> Work request
Would you please retype, exactly, the lines of the listing below between the line with "if-refused true A" and the line with "y).status ≡ success", inclusive?

> Input material
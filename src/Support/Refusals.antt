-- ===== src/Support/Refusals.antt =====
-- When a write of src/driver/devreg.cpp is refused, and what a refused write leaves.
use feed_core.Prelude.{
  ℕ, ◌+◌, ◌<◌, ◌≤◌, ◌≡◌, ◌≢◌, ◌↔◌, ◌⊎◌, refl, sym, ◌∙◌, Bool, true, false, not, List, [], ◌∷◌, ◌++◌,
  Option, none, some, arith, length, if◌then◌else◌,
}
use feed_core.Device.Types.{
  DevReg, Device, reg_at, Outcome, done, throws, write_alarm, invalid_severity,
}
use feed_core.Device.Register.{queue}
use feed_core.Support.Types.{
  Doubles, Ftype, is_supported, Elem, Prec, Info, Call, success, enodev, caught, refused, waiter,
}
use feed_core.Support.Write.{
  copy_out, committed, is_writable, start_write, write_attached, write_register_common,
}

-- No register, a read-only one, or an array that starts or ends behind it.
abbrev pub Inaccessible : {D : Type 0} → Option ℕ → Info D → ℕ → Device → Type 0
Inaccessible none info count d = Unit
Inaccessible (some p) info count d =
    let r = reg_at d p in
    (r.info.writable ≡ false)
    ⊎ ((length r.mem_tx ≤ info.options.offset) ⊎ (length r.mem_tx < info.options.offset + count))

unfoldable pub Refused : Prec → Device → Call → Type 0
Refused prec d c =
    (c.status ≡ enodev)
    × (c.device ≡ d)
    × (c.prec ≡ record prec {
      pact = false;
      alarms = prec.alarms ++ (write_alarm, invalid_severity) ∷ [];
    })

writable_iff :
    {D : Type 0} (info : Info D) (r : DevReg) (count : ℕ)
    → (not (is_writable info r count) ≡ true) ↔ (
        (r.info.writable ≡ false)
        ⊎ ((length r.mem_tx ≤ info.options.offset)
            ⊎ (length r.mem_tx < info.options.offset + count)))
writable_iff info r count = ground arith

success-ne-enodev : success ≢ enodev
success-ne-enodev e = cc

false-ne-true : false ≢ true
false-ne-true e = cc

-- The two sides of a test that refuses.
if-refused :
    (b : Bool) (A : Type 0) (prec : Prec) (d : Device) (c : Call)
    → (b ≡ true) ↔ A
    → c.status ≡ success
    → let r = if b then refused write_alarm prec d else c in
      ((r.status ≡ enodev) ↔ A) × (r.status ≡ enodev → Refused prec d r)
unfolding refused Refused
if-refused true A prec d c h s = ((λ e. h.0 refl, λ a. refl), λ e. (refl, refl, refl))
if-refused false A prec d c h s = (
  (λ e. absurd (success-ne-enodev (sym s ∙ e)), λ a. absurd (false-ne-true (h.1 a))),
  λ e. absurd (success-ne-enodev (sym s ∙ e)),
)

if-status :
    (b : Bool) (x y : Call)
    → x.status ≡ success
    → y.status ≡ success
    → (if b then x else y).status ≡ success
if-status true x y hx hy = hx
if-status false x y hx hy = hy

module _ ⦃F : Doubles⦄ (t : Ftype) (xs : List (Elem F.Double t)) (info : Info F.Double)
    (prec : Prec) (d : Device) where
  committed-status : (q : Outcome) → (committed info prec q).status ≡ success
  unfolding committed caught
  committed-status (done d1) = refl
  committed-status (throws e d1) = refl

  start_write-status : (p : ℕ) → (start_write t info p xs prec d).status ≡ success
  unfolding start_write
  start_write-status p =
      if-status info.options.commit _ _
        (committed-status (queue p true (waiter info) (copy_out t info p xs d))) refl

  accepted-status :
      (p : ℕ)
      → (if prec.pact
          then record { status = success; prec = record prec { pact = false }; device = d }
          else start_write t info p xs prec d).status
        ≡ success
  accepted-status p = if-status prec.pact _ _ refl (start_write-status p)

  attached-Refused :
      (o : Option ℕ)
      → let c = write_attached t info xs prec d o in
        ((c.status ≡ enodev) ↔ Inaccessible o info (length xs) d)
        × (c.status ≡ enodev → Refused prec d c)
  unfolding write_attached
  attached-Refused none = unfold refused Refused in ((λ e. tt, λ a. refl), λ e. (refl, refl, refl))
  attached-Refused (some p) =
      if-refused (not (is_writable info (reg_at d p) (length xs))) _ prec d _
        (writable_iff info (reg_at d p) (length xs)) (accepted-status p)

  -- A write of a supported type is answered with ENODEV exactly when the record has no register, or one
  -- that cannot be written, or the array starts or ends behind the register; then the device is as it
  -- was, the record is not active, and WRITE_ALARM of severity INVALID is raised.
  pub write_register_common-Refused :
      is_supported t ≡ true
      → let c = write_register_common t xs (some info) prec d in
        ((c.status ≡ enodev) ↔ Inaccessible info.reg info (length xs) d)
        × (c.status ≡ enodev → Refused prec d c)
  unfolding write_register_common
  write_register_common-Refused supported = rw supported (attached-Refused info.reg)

...

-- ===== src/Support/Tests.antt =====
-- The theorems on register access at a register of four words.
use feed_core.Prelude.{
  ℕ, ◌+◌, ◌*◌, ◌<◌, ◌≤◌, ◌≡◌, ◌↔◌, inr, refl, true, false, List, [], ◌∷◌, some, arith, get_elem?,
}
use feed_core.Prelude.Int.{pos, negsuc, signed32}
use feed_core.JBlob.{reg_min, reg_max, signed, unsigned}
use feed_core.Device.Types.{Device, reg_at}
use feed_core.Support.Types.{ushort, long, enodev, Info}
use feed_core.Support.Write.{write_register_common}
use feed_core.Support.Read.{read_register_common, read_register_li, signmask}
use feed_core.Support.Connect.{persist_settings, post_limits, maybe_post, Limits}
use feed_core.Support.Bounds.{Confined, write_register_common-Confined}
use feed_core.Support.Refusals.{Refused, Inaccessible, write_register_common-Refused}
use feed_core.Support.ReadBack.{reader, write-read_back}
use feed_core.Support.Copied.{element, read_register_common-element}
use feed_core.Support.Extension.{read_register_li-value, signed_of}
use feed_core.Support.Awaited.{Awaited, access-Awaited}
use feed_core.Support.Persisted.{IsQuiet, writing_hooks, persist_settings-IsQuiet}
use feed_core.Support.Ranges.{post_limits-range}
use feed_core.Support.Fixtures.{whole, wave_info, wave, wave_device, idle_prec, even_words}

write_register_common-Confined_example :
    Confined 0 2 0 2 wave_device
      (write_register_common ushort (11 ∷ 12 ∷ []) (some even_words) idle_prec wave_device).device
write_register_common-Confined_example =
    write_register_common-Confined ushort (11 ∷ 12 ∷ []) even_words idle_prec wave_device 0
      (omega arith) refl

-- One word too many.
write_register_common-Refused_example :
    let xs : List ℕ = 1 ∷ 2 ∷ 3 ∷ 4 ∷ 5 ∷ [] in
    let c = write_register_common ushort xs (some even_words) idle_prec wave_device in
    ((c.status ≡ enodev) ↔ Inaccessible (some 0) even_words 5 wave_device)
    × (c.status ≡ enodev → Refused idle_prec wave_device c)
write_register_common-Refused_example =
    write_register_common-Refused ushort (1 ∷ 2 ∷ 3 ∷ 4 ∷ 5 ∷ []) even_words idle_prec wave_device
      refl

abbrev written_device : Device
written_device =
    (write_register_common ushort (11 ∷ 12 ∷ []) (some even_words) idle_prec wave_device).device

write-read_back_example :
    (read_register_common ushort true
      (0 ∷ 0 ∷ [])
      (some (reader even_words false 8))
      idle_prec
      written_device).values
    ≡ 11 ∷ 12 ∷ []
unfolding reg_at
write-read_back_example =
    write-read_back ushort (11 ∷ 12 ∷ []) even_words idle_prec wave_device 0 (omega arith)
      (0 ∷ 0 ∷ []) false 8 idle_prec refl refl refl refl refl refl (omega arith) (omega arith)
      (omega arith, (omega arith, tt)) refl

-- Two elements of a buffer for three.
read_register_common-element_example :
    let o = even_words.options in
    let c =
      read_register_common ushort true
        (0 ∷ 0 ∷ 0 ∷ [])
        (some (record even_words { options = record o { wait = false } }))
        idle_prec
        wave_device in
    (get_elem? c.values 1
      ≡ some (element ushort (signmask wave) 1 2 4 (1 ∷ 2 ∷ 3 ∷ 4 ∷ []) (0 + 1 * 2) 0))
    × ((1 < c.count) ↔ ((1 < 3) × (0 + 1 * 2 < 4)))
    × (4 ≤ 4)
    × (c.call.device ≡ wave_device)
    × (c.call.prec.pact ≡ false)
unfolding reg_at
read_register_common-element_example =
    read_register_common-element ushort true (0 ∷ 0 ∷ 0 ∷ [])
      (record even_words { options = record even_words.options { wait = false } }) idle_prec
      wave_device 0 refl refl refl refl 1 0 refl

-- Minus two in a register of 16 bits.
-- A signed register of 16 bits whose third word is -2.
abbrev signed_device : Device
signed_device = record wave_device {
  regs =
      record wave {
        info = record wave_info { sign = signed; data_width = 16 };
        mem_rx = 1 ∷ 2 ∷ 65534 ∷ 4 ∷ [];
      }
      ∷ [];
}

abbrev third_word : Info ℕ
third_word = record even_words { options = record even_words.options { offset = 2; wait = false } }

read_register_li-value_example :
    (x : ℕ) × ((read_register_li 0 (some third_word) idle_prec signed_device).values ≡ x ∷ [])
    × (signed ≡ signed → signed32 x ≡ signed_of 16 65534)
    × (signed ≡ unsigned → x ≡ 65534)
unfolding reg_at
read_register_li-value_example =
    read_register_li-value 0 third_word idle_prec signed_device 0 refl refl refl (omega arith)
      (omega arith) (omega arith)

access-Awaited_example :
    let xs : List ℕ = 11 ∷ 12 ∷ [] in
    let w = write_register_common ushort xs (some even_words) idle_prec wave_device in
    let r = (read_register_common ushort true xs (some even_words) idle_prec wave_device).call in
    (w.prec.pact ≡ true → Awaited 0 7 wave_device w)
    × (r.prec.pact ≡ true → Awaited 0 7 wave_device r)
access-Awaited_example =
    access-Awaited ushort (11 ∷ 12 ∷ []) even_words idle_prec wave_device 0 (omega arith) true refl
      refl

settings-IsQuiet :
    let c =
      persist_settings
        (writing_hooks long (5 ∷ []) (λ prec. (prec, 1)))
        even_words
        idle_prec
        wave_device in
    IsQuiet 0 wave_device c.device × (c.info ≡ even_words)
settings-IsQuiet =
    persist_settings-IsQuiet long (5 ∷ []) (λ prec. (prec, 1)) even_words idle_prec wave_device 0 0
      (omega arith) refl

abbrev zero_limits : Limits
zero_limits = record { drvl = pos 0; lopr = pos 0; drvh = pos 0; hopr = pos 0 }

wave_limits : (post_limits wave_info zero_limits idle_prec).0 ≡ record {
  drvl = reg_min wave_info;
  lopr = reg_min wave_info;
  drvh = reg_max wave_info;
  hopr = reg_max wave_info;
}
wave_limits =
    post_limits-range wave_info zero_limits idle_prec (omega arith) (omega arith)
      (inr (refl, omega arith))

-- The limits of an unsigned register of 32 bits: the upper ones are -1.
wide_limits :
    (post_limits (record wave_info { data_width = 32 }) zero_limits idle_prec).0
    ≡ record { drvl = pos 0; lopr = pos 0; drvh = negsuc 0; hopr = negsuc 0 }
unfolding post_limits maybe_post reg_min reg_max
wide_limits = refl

> Written answer
if-refused true A prec d c h s = ((λ e. h.0 refl, λ a. refl), λ e. (refl, refl, refl))
if-refused false A prec d c h s = (
  (λ e. absurd (success-ne-enodev (sym s ∙ e)), λ a. absurd (false-ne-true (h.1 a))),
  λ e. absurd (success-ne-enodev (sym s ∙ e)),
)

if-status :
    (b : Bool) (x y : Call)
    → x.status ≡ success
    → y.status ≡ success
    → (if b then x else y).status ≡ success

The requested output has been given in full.